Dan anehnya, terutama cewek, meskipun postingannya tentang insomnia yang jelas-jelas mengganggu kesehatan  tapi banyak yang me-like, artinya mereka senang dong tuh cewe' sakit. Aneh ya.
"Ahhh, kamu yang punya blog sotoy banget, saya belum tidur karna memang mata saya tidak mau tertutup, bukan karena mau gaul, secara saya dari lahir sudah gaul kok".
Okeee, memang tidak semua orang yang insomnia itu karena ikut-ikutan gaya hidup zaman sekarang yah,ada juga beberapa orang yang katanya tidak mau mengalami insomnia tapi tetap saja cari gara-gara sama insomnia.

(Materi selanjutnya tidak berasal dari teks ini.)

-- ===== src/Facility/Admission/Placement.antt =====
-- TaskFacilityCore::Admit keeps the core well formed.
use edp_threading.Base.{
  ℕ, ◌<◌, ◌≡◌, refl, true, false, some, List, [], ◌∷◌, ◌++◌, ◌==◌, update, elem, arith, Bool-cases,
  inl, inr, ==_iff, IsDistinct-snoc, elem-append, ==_refl, or_false,
}
use edp_threading.Topology.{Topology, write_all, Touches}
use edp_threading.Task.Control.{initialize_queued}
use edp_threading.Task.Control.Laws.{initialize_queued_lem}
use edp_threading.Task.Payload.{Adapter, construct_callable}
use edp_threading.Task.Record.{TaskRecord, queue_next}
use edp_threading.Facility.Core.{TaskFacilityCore, links, set_record, queue_push, admit_into}
use edp_threading.Facility.Invariant.{Inv, IsRecordOk}
use edp_threading.Facility.Frame.{requeued-Inv}

-- The record that a callable is placed in.
abbrev pub admitted_record : TaskRecord → ℕ → Adapter → TaskRecord
admitted_record r f a = record r {
  control = initialize_queued r.control;
  payload = construct_callable f r.payload;
  operations = some a;
}

module _ (t : Topology) where
  admitted_record-link :
      (r : ℕ → TaskRecord) (i k f : ℕ) (a : Adapter)
      → queue_next t (update r i (admitted_record (r i) f a) k) ≡ queue_next t (r k)
  unfolding queue_next
  admitted_record-link r i k f a = elim (Bool-cases (i == k)) [
    | inl e ↦ rw (e, (==_iff i k).0 e) refl
    | inr e ↦ rw e
  ]

  admitted_record-ok :
      (r : TaskRecord) (f : ℕ) (a : Adapter)
      → IsRecordOk true false r
      → IsRecordOk false true (admitted_record r f a)
  admitted_record-ok r f a ok =
      let fields = initialize_queued_lem r.control ok.1 in
      rw (fields.0, fields.1, ok.0.2) ((refl, refl, tt), fields.3)

  -- Record `i` is free, and its bit is cleared in `m`.
  pub admit_into-Inv :
      (c : TaskFacilityCore t) (q : List ℕ) (f : ℕ) (a : Adapter) (i : ℕ)
      → Inv t c q
      → i < t.records
      → t.availability.is_set c.availability i ≡ true
      → let m = (t.availability.clear c.availability i).0 in
        Inv t (admit_into t (record c { availability = m }) f a i) (q ++ i ∷ [])
  unfolding admit_into queue_push
  admit_into-Inv c q f a i v lt free =
      requeued-Inv t placed m (t.queue.push c.ends (links t placed.records) i).0
        (t.queue.push c.ends (links t placed.records) i).1 (q ++ i ∷ []) (q ++ i ∷ []) pushed.0
        pushed.1 (IsDistinct-snoc q i v.distinct absent) members fits
    where
      m : t.availability.Members
      m = (t.availability.clear c.availability i).0

      placed : TaskFacilityCore t
      placed = set_record t (record c { availability = m }) i (admitted_record (c.records i) f a)

      was_free : IsRecordOk true (elem i q) (c.records i)
      was_free = rw free at (v.ok i lt)

      absent : elem i q ≡ false
      absent = was_free.0.0

      same_links : (k : ℕ) → links t placed.records k ≡ links t c.records k
      same_links k = admitted_record-link c.records i k f a

      pushed :
          t.queue.Holds
            (t.queue.push c.ends (links t placed.records) i).0
            (write_all (links t placed.records) (t.queue.push c.ends (links t placed.records) i).1)
            (q ++ i ∷ [])
          × Touches t.records (q ++ i ∷ []) (t.queue.push c.ends (links t placed.records) i).1
      pushed =
          t.queue.push-Holds c.ends (links t placed.records) q i
            (t.queue.Holds-frame c.ends (links t c.records) (links t placed.records) q v.holds
              (λ k _. same_links k))
            lt absent

      members : (k : ℕ) → elem k (q ++ i ∷ []) ≡ true → k < t.records
      members k here = elim (Bool-cases (elem k q)) [
        | inl old ↦ v.members k old
        | inr new ↦ ground (arith, elem-append k q (i ∷ []))
      ]

      fits :
          (k : ℕ)
          → k < t.records
          → IsRecordOk (t.availability.is_set m k) (elem k (q ++ i ∷ [])) (placed.records k)
      fits k below = elim (Bool-cases (i == k)) [
        | inl e ↦
            let same : i ≡ k = (==_iff i k).0 e in
            rw
              (
                ← same,
                elem-append i q (i ∷ []),
                t.availability.is_set-clear c.availability i i lt lt,
                ==_refl i,
                absent,
              )
              (admitted_record-ok (c.records i) f a (rw absent at was_free))
        | inr e ↦
            rw
              (elem-append k q (i ∷ []), t.availability.is_set-clear c.availability i k lt below, e)
              (rw or_false (v.ok k below))
      ]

Bagaimana tidak susah tidur pada malam hari kalo bangun pagi nya saja pas adzan Magrib (magrib bukan pagi lagi ya?) atau, bagaimana tidak susah tidur pada malam hari kalo kerjanya cuma baca blog ini terus, #ehhh.

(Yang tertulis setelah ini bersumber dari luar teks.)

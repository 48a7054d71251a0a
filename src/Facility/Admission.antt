-- ===== src/Facility/Admission.antt =====
-- What TaskFacilityCore::Admit guarantees.
pub mod Placement
use edp_threading.Base.{
  ℕ, ◌<◌, ◌≡◌, ◌≢◌, ◌⊎◌, refl, ap, true, false, not, some, List, [], ◌∷◌, ◌++◌, ◌==◌, update, elem,
  arith, Bool-cases, inl, inr, ==_iff, ne→==, IsDistinct-snoc, elem-append, Option-cases, ==_refl,
  or_false,
}
use edp_threading.Topology.{Topology, Write, write_all, Touches}
use edp_threading.Task.Control.{TaskOperationalState, state, has_owner, phase, initialize_queued}
use edp_threading.Task.Control.Laws.{Fields, initialize_queued_lem, initial-Fields}
use edp_threading.Task.Payload.{Payload, Adapter, construct_callable}
use edp_threading.Task.Record.{TaskRecord, queue_next, blank}
use edp_threading.Facility.Core.{
  TaskFacilityCore, TaskAdmissionCoreResult, links, write_records, set_record, queue_push,
  has_record_capacity, admit_into, admit_cleared, admit, initial_core,
}
use edp_threading.Facility.Invariant.{Inv, IsRecordOk}
use edp_threading.Facility.Frame.{SameButScratch, write_records-SameButScratch, requeued-Inv}
use edp_threading.Facility.Admission.Placement.{admitted_record, admit_into-Inv}

module _ (t : Topology) where
  -- A record that was free and now holds a queued, owned callable.
  abbrev pub IsQueuedWith : TaskRecord → ℕ → Adapter → Type 0
  IsQueuedWith r f a =
      (state r.control ≡ TaskOperationalState.queued)
      × (has_owner r.control ≡ true)
      × (r.payload ≡ Payload.callable f)
      × (r.operations ≡ some a)

  -- Record `i` was free; the result names it with its Phase toggled; it is queued last with the
  -- callable; every other record keeps all but its queue link, and its availability.
  pub record AdmittedAt (c : TaskFacilityCore t) (q : List ℕ) (f : ℕ) (a : Adapter)
      (r : TaskFacilityCore t × TaskAdmissionCoreResult) (i : ℕ) : Type 0 where
    pub below : i < t.records
    pub was_free : t.availability.is_set c.availability i ≡ true
    pub is_binding :
        r.1
        ≡ TaskAdmissionCoreResult.admitted
            (record { record_index = i; phase = not (phase (c.records i).control) })
    pub toggles_phase : phase (r.0.records i).control ≡ not (phase (c.records i).control)
    pub valid : Inv t r.0 (q ++ i ∷ [])
    pub is_queued : IsQueuedWith (r.0.records i) f a
    pub others :
        (j : ℕ)
        → j < t.records
        → i ≢ j
        → SameButScratch (r.0.records j) (c.records j)
          × (t.availability.is_set r.0.availability j ≡ t.availability.is_set c.availability j)

  pub admit_into-AdmittedAt :
      (c : TaskFacilityCore t) (q : List ℕ) (f : ℕ) (a : Adapter) (i : ℕ)
      → Inv t c q
      → i < t.records
      → t.availability.is_set c.availability i ≡ true
      → AdmittedAt c q f a
          (admit_cleared t
            (record c { availability = (t.availability.clear c.availability i).0 })
            f
            a
            i
            true)
          i
  unfolding admit_cleared admit_into queue_push
  admit_into-AdmittedAt c q f a i v lt free = record {
    below = lt;
    was_free = free;
    is_binding =
        ap (λ p. TaskAdmissionCoreResult.admitted (record { record_index = i; phase = p }))
          (rw kept.1 (rw (==_refl i) fields.2));
    toggles_phase = rw kept.1 (rw (==_refl i) fields.2);
    valid = admit_into-Inv t c q f a i v lt free;
    is_queued =
        rw (kept.0, kept.1, kept.2) (rw (==_refl i, was_raw.2) (fields.0, fields.1, refl, refl));
    others = λ j below ne. (
      rw (ne→== i j ne) at (write_records-SameButScratch t ws placed.records j),
      rw (t.availability.is_set-clear c.availability i j lt below, ne→== i j ne),
    );
  }
    where
      placed : TaskFacilityCore t
      placed =
          set_record t (record c { availability = (t.availability.clear c.availability i).0 }) i
            (admitted_record (c.records i) f a)

      ws : List Write
      ws = (t.queue.push c.ends (links t placed.records) i).1

      kept : SameButScratch (write_records t placed.records ws i) (placed.records i)
      kept = write_records-SameButScratch t ws placed.records i

      ok : IsRecordOk true (elem i q) (c.records i)
      ok = rw free at (v.ok i lt)

      was_raw :
          (elem i q ≡ false)
          × (has_owner (c.records i).control ≡ false)
          × ((c.records i).payload ≡ Payload.raw)
      was_raw = (ok.0.0, ok.0.1, ok.0.2)

      fields :
          Fields
            (initialize_queued (c.records i).control)
            TaskOperationalState.queued
            true
            (not (phase (c.records i).control))
      fields = initialize_queued_lem (c.records i).control ok.1

  abbrev pub Admits :
      TaskFacilityCore t
      → List ℕ
      → ℕ
      → Adapter
      → TaskFacilityCore t × TaskAdmissionCoreResult
      → Type 0
  Admits c q f a r =
      ((has_record_capacity t c ≡ false)
        × (r ≡ (c, TaskAdmissionCoreResult.capacity_unavailable))
        × ((i : ℕ) → i < t.records → t.availability.is_set c.availability i ≡ false))
      ⊎ ((has_record_capacity t c ≡ true) × ((i : ℕ) × AdmittedAt c q f a r i))

  -- Admit, on a well-formed core whose queue contains `q`, does one of two things. With a free
  -- record it takes a free record, answers Admitted with that record's index and its Phase
  -- toggled, leaves it Queued and owned with the callable and its operations, and the core is
  -- well formed with the record last in the queue; every other record keeps its payload,
  -- control byte and operations, and its availability. With no free record it answers
  -- CapacityUnavailable and changes nothing; then every record is allocated.
  pub admit_lem :
      (c : TaskFacilityCore t) (q : List ℕ) (f : ℕ) (a : Adapter)
      → Inv t c q
      → Admits c q f a (admit t c f a)
  unfolding admit has_record_capacity
  admit_lem c q f a v = elim (Option-cases (t.availability.find_first_set c.availability)) [
    | inl none_free ↦ inl (
      rw (t.availability.is_any_set_lem c.availability, none_free),
      rw (none_free, admit) refl,
      t.availability.find_first_set_none c.availability none_free,
    )
    | inr (i, found) ↦
        let here = t.availability.find_first_set_some c.availability i found in
        inr (
          rw (t.availability.is_any_set_lem c.availability, found),
          (
            i,
            rw (found, admit, t.availability.clear_succeeds c.availability i here.0 here.1)
                (admit_into-AdmittedAt c q f a i v here.0 here.1),
          ),
        )
  ]

  -- The core that the constructor makes is well formed, with an empty queue.
  pub initial_core-Inv : Inv t (initial_core t) []
  unfolding initial_core blank
  initial_core-Inv = record {
    holds = t.queue.fresh-Holds _;
    distinct = tt;
    members = λ i h. absurd (cc);
    ok = λ i lt.
        rw
          (
            t.availability.is_set-set_all t.availability.fresh i lt,
            initial-Fields.0,
            initial-Fields.1,
          )
          ((refl, refl, refl, tt), initial-Fields.3);
  }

Itu kuota tidurnya sudah terpakai semua di siang hari, saya curiga ini yang bangunnya pas adzan Magrib kalo bukan pengangguran pasti dia jomblo.

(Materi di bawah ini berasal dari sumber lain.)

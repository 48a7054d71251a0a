-- ===== src/Facility/Grant.antt =====
-- What TaskFacilityCore::ClaimNextForWorker guarantees.
use edp_threading.Base.{
  ℕ, ◌≤◌, ◌≡◌, ◌≢◌, ◌∙◌, refl, ap, Bool, true, false, List, [], ◌∷◌, update, arith, ne→==, ==_refl,
}
use edp_threading.Topology.{Topology, Write, write_all, Touches}
use edp_threading.Task.Control.{TaskOperationalState, state, has_owner, phase, set_state}
use edp_threading.Task.Control.Laws.{Fields, set_state_lem}
use edp_threading.Task.Record.{
  TaskRecord, set_execution_context_index, current_execution_context_index, invalid_context,
}
use edp_threading.Task.Record.Laws.{current-set_execution_context_index}
use edp_threading.Facility.Core.{
  TaskFacilityCore, TaskWorkerClaimResult, links, write_records, granted, claim_next_for_worker,
}
use edp_threading.Facility.Invariant.{Inv, IsRecordOk, IsQueued, RecordOk-IsQueued}
use edp_threading.Facility.Frame.{
  SameButScratch, write_records-SameButScratch, SameButScratch-IsRecordOk, taken_out-Inv,
}

module _ (t : Topology) where
  granted-SameButScratch :
      (r : TaskRecord) (context : ℕ)
      → SameButScratch
          (granted t r context)
          (record r { control = set_state r.control TaskOperationalState.running })
  unfolding set_execution_context_index
  granted-SameButScratch r context = (refl, refl, refl)

  granted_ok :
      (available : Bool) (r : TaskRecord) (context : ℕ)
      → IsRecordOk available true r
      → IsRecordOk available false (granted t r context)
  unfolding set_execution_context_index
  granted_ok available r context ok =
      let was : IsQueued available (state r.control) (has_owner r.control) r.payload r.operations =
        RecordOk-IsQueued available (state r.control) (has_owner r.control) r.payload r.operations
          ok.0 in
      let fields = set_state_lem r.control TaskOperationalState.running ok.1 in
      rw (fields.0, was.0, was.3.1, was.4.1) ((refl, tt), fields.3)

  same_scratch :
      (r : TaskRecord) (context : ℕ)
      → context ≤ invalid_context t
      → current_execution_context_index t (granted t r context) ≡ context
  unfolding current_execution_context_index
  same_scratch r context small = current-set_execution_context_index t r context small

  -- Record `i`, the oldest of the queue, now runs on the context; it keeps its owner, Phase,
  -- callable and operations. Every other record keeps all but its queue link, and no
  -- availability bit changes.
  pub record GrantedAt (c : TaskFacilityCore t) (context : ℕ) (i : ℕ) (rest : List ℕ)
      (r : TaskFacilityCore t × TaskWorkerClaimResult) : Type 0 where
    pub is_binding :
        r.1
        ≡ TaskWorkerClaimResult.claimed
            (record { record_index = i; phase = phase (c.records i).control })
    pub valid : Inv t r.0 rest
    pub is_running : state (r.0.records i).control ≡ TaskOperationalState.running
    pub keeps_owner : has_owner (r.0.records i).control ≡ has_owner (c.records i).control
    pub keeps_phase : phase (r.0.records i).control ≡ phase (c.records i).control
    pub keeps_payload : (r.0.records i).payload ≡ (c.records i).payload
    pub keeps_operations : (r.0.records i).operations ≡ (c.records i).operations
    pub runs_there : current_execution_context_index t (r.0.records i) ≡ context
    pub others : (j : ℕ) → i ≢ j → SameButScratch (r.0.records j) (c.records j)
    pub availability : r.0.availability ≡ c.availability

  module _ (c : TaskFacilityCore t) (context i : ℕ) (rest : List ℕ) (v : Inv t c (i ∷ rest))
      (e : t.queue.Ends) (ws : List Write)
      (held : t.queue.Holds e (write_all (links t c.records) ws) rest)
      (touches : Touches t.records (i ∷ rest) ws) where
    abbrev popped : ℕ → TaskRecord
    popped = write_records t c.records ws

    abbrev after : TaskFacilityCore t
    after = record c { records = update popped i (granted t (popped i) context); ends = e }

    after-Inv : Inv t after rest
    after-Inv =
        taken_out-Inv t c e ws (i ∷ rest) rest i (granted t (popped i) context) held touches
          v.distinct.1 (λ j here. v.members j (ground arith)) v.distinct.0
          (granted_ok (t.availability.is_set c.availability i) (popped i) context (
            SameButScratch-IsRecordOk t (t.availability.is_set c.availability i) true (popped i)
              (c.records i) (write_records-SameButScratch t ws c.records i)
              (rw (==_refl i) at (v.ok i (v.members i (rw (==_refl i)))))))
          (λ j lt other. rw other at (v.ok j lt))

    after-GrantedAt :
        context ≤ invalid_context t
        → GrantedAt c context i rest (
          after,
          TaskWorkerClaimResult.claimed
              (record { record_index = i; phase = phase (after.records i).control }),
        )
    after-GrantedAt small = record {
      is_binding =
          ap (λ p. TaskWorkerClaimResult.claimed (record { record_index = i; phase = p }))
            (rw (==_refl i, changed.1) (fields.2 ∙ ap phase kept.1));
      valid = after-Inv;
      is_running = rw (==_refl i, changed.1) fields.0;
      keeps_owner = rw (==_refl i, changed.1) (fields.1 ∙ ap has_owner kept.1);
      keeps_phase = rw (==_refl i, changed.1) (fields.2 ∙ ap phase kept.1);
      keeps_payload = rw (==_refl i) (changed.0 ∙ kept.0);
      keeps_operations = rw (==_refl i) (changed.2 ∙ kept.2);
      runs_there = rw (==_refl i) (same_scratch (popped i) context small);
      others = λ j ne. rw (ne→== i j ne) (write_records-SameButScratch t ws c.records j);
      availability = refl;
    }
      where
        kept : SameButScratch (popped i) (c.records i)
        kept = write_records-SameButScratch t ws c.records i

        changed : SameButScratch (granted t (popped i) context) (record (popped i) {
          control = set_state (popped i).control TaskOperationalState.running;
        })
        changed = granted-SameButScratch (popped i) context

        ok : IsRecordOk (t.availability.is_set c.availability i) true (c.records i)
        ok = rw (==_refl i) at (v.ok i (v.members i (rw (==_refl i))))

        fields :
            Fields
              (set_state (popped i).control TaskOperationalState.running)
              TaskOperationalState.running
              (has_owner (popped i).control)
              (phase (popped i).control)
        fields = set_state_lem (popped i).control TaskOperationalState.running (rw kept.1 ok.1)

  abbrev pub Claims :
      TaskFacilityCore t → ℕ → List ℕ → TaskFacilityCore t × TaskWorkerClaimResult → Type 0
  Claims c context [] r = r ≡ (c, TaskWorkerClaimResult.queue_empty)
  Claims c context (i ∷ rest) r = GrantedAt c context i rest r

  -- ClaimNextForWorker, on a well-formed core and a context that the context index type
  -- represents, answers QueueEmpty and changes nothing when the queue is empty. Otherwise it
  -- grants the oldest queued record: the answer names it with its current Phase, it is Running
  -- on the given context, it keeps its owner, callable and operations, and the core is well
  -- formed with the rest of the queue in order; every other record keeps its payload, control
  -- byte and operations, and no availability bit changes.
  pub claim_lem :
      (c : TaskFacilityCore t) (q : List ℕ) (context : ℕ)
      → Inv t c q
      → context ≤ invalid_context t
      → Claims c context q (claim_next_for_worker t c context)
  unfolding claim_next_for_worker
  claim_lem c [] context v small =
      rw (t.queue.pop_empty c.ends (links t c.records) v.holds, claim_next_for_worker) refl
  claim_lem c (i ∷ rest) context v small =
      let p = t.queue.pop-Holds c.ends (links t c.records) i rest v.holds in
      rw (p.2, claim_next_for_worker) (after-GrantedAt c context i rest v p.0 p.1 p.3 p.4 small)
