-- ===== src/Facility/Update.antt =====
-- A write of the control byte and the payload of one allocated record.
use edp_threading.Base.{ℕ, ◌≡◌, ◌≢◌, refl, Bool, false, List, elem, ne→==, ==_refl}
use edp_threading.Topology.{Topology}
use edp_threading.Task.Control.{TaskControl, TaskOperationalState, state, has_owner, phase}
use edp_threading.Task.Control.Laws.{Fields}
use edp_threading.Task.Payload.{Payload}
use edp_threading.Facility.Core.{TaskFacilityCore, set_record}
use edp_threading.Facility.Invariant.{Inv, AllocatedOk}
use edp_threading.Facility.Frame.{set_record_same_scratch-Inv}

module _ (t : Topology) where
  -- Record `i` has the given state, ownership and payload, and keeps its Phase, operations and
  -- scratch field; nothing else changes.
  pub record UpdatedAt (c : TaskFacilityCore t) (q : List ℕ) (i : ℕ) (s : TaskOperationalState)
      (owner : Bool) (p : Payload) (d : TaskFacilityCore t) : Type 0 where
    pub valid : Inv t d q
    pub has_state : state (d.records i).control ≡ s
    pub has_ownership : has_owner (d.records i).control ≡ owner
    pub has_payload : (d.records i).payload ≡ p
    pub keeps_phase : phase (d.records i).control ≡ phase (c.records i).control
    pub keeps_operations : (d.records i).operations ≡ (c.records i).operations
    pub keeps_scratch : (d.records i).scratch ≡ (c.records i).scratch
    pub others : (j : ℕ) → i ≢ j → d.records j ≡ c.records j
    pub availability : d.availability ≡ c.availability
    pub ends : d.ends ≡ c.ends

  pub set_record-UpdatedAt :
      (c : TaskFacilityCore t) (q : List ℕ) (i : ℕ) (s : TaskOperationalState) (owner : Bool)
      (p : Payload) (control : TaskControl)
      → Inv t c q
      → t.availability.is_set c.availability i ≡ false
      → Fields control s owner (phase (c.records i).control)
      → AllocatedOk (elem i q) s owner p (c.records i).operations
      → UpdatedAt c q i s owner p
          (set_record t c i (record (c.records i) { payload = p; control = control }))
  set_record-UpdatedAt c q i s owner p control v taken fields ok = record {
    valid =
        set_record_same_scratch-Inv t c q i
          (record (c.records i) { payload = p; control = control }) v refl
          (rw (taken, fields.0, fields.1) (ok, fields.3));
    has_state = rw (==_refl i) fields.0;
    has_ownership = rw (==_refl i) fields.1;
    has_payload = rw (==_refl i);
    keeps_phase = rw (==_refl i) fields.2;
    keeps_operations = rw (==_refl i);
    keeps_scratch = rw (==_refl i);
    others = λ j ne. rw (ne→== i j ne);
    availability = refl;
    ends = refl;
  }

Kan kalo gitu ceritanya memang dia yang bikin dirinya sendiri insomnia, dia sendiri yang cari masalah. Tidak heran sekarang  banyak kejadian yang kayak gitu, terutama anak muda yang kalo siangnya tiduuuuuur terus, malamnya nongkrong sana sini tidak jelas, perginya dijemput siapa, pulangnya diantar naik apa. Kalo malamnya begadang karena ada kerjaan mendesak atau buat nonton bola sih yang tidak apa-apa, bang Haji pun setuju-setuju saja, tapi kalau malamnya hanya keluyuran kesana kemari membawa alamat, namun yang kutemui bukan dirinya saaaayaaaaang (malah nyanyi ayu tinting). Sudah kayak Kelelawar saja, siang tidur malam beraktifitas, memangnya sekarang kiblat pola tidur kita sudah seperti Kelelawar?, takutnya nanti kelelawarnya risih, kan kasian. Save Kelelawar.
nonton barca kamu yah??
Pantas akhir-akhir ini saya sering melihat kelelawar terbang rendah, menukik secara vertikal ke atas 90 derajat dengan kecepatan penuh+full gas+Nos+Turbo dan mencapai zero knot lalu turun secara vertikal dengan kecepatan gravitasi, dan seorang anak kecil bertanya kepada ibunya "apakah kelelawar itu akan jatuh?". Kelelawar itu seolah mengalami kerusakan mesin, terus terjun kebawah, kelelawar itu bergumam "zero knot, mesin mati dan diaktifkan kembali pada 300 knot", 100 knot...200 knot...300 knot...mesin aktif kembali dia mengepakkan sayap dan terbang lagi meliuk-liuk dan tttteeeeng...tiang listrik jadi korban *yang belum nonton film "Soar into the Sun" pasti tidak mengerti di atas bahas apa.
jangan ikut-ikutan kayak saya, rrrrr
Setelah di introgasi, ternyata Kelelawar tersebut nekat terbang di siang hari karena merasa hidupnya sudah tidak keren lagi. Dia merasa putus asa melihat tingkah manusia yang sudah mulai ke Kelelawar-kelelawaran. Makanya sang Kelelawar mengambil inisiatif untuk terbang di siang hari dan mencoba tidur pada malam hari sembari berharap agar bisa terlihat ke Manusia-manusiaan. #savekelelawar #abaikan #jangandibaca
Emm, oke tidak tau mau ngetik apalagi, soalnya sudah pagi juga jadi saya mau tidur dulu, jangan lupa yah bangunkan saya nanti pas adzan Magrib, buat pesiapan insomnia sebentar malam, sekian.